Your answer should be the lines below from the one with "if h.fpga_loaded then on_bus (Bus.read_register" to the one with "write_proxied proxy_address w.address", both included, given again exactly and with nothing added.
[Opening RECORDS TO USE section]
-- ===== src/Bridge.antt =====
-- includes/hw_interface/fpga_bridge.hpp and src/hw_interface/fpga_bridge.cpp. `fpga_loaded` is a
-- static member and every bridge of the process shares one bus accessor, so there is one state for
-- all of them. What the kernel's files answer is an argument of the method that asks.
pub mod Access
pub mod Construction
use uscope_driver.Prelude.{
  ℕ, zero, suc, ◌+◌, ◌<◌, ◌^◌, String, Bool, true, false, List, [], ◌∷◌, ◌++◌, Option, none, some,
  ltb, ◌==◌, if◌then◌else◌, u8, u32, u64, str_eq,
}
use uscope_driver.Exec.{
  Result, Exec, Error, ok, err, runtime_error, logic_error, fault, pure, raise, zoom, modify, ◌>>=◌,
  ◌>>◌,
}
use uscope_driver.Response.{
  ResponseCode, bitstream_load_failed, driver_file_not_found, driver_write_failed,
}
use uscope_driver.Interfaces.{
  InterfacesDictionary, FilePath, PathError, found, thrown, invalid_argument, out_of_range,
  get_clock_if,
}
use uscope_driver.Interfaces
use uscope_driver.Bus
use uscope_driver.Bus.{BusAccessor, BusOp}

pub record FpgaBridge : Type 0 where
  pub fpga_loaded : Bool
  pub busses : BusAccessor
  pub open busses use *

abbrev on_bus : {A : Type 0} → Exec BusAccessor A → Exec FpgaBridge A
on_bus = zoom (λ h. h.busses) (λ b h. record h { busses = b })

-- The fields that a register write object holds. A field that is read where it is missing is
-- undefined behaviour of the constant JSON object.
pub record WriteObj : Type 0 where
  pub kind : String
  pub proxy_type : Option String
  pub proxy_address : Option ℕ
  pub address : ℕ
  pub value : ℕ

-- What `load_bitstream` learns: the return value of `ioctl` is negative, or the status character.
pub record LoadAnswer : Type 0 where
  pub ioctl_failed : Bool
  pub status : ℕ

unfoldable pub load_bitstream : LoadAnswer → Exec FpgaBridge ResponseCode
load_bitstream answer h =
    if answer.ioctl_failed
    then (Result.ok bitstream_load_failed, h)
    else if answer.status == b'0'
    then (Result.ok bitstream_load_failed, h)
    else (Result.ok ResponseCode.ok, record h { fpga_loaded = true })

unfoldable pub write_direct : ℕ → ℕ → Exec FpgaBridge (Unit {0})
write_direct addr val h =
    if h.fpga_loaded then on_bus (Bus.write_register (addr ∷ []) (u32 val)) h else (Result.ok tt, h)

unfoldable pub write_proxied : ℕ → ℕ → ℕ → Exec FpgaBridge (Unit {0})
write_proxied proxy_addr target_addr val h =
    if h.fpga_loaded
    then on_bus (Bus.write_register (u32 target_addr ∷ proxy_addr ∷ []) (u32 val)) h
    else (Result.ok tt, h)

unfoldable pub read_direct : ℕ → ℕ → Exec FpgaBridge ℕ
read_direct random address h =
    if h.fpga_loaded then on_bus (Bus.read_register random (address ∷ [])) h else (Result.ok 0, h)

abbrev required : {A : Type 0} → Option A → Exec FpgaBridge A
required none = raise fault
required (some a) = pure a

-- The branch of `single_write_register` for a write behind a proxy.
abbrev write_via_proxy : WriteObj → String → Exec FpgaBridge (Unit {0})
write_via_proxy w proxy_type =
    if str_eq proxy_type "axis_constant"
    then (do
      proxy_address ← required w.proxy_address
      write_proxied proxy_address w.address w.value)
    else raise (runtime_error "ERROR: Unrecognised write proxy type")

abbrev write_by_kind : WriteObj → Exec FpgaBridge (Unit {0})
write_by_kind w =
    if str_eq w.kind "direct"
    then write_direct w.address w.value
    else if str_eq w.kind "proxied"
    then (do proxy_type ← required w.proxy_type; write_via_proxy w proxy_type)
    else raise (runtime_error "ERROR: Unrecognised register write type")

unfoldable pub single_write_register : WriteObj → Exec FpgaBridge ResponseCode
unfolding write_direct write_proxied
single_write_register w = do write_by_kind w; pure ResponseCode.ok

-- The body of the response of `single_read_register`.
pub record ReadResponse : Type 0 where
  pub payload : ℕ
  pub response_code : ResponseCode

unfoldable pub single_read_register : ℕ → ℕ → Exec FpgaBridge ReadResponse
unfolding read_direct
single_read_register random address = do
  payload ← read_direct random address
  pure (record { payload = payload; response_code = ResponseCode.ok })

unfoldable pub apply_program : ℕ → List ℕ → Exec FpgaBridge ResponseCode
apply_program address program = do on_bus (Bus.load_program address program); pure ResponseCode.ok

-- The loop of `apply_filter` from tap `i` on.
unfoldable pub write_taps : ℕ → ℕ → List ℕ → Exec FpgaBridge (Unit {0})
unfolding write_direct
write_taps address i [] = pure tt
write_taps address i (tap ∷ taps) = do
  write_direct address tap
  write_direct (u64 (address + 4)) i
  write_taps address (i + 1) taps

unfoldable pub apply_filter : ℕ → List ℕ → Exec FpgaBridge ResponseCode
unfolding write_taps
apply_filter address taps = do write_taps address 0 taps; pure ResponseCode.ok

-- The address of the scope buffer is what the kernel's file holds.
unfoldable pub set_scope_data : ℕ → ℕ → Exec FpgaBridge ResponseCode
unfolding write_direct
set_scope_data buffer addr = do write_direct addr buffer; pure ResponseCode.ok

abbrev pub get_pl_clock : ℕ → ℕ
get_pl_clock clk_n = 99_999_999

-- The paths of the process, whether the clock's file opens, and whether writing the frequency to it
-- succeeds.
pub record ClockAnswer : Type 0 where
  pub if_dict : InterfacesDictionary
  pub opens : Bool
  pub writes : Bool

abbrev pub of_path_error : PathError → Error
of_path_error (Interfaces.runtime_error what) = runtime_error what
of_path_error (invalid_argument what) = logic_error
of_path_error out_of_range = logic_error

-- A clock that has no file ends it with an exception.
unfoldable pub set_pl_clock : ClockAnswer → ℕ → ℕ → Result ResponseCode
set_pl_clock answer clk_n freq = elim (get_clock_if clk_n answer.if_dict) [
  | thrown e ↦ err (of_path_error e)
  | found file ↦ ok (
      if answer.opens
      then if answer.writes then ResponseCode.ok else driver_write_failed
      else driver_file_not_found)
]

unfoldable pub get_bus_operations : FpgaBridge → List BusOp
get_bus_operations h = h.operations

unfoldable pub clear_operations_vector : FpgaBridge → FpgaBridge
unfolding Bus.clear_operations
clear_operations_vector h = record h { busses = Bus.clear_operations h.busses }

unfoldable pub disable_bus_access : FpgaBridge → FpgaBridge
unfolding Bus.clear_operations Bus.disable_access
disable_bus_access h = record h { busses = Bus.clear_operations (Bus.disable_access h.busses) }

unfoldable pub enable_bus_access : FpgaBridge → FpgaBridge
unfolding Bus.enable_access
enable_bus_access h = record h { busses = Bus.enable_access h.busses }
[Closing RECORDS TO USE section]
RESULT FOR THIS TASK:
    if h.fpga_loaded then on_bus (Bus.read_register random (address ∷ [])) h else (Result.ok 0, h)

abbrev required : {A : Type 0} → Option A → Exec FpgaBridge A
required none = raise fault
required (some a) = pure a

-- The branch of `single_write_register` for a write behind a proxy.
abbrev write_via_proxy : WriteObj → String → Exec FpgaBridge (Unit {0})
write_via_proxy w proxy_type =
    if str_eq proxy_type "axis_constant"
    then (do
      proxy_address ← required w.proxy_address
      write_proxied proxy_address w.address w.value)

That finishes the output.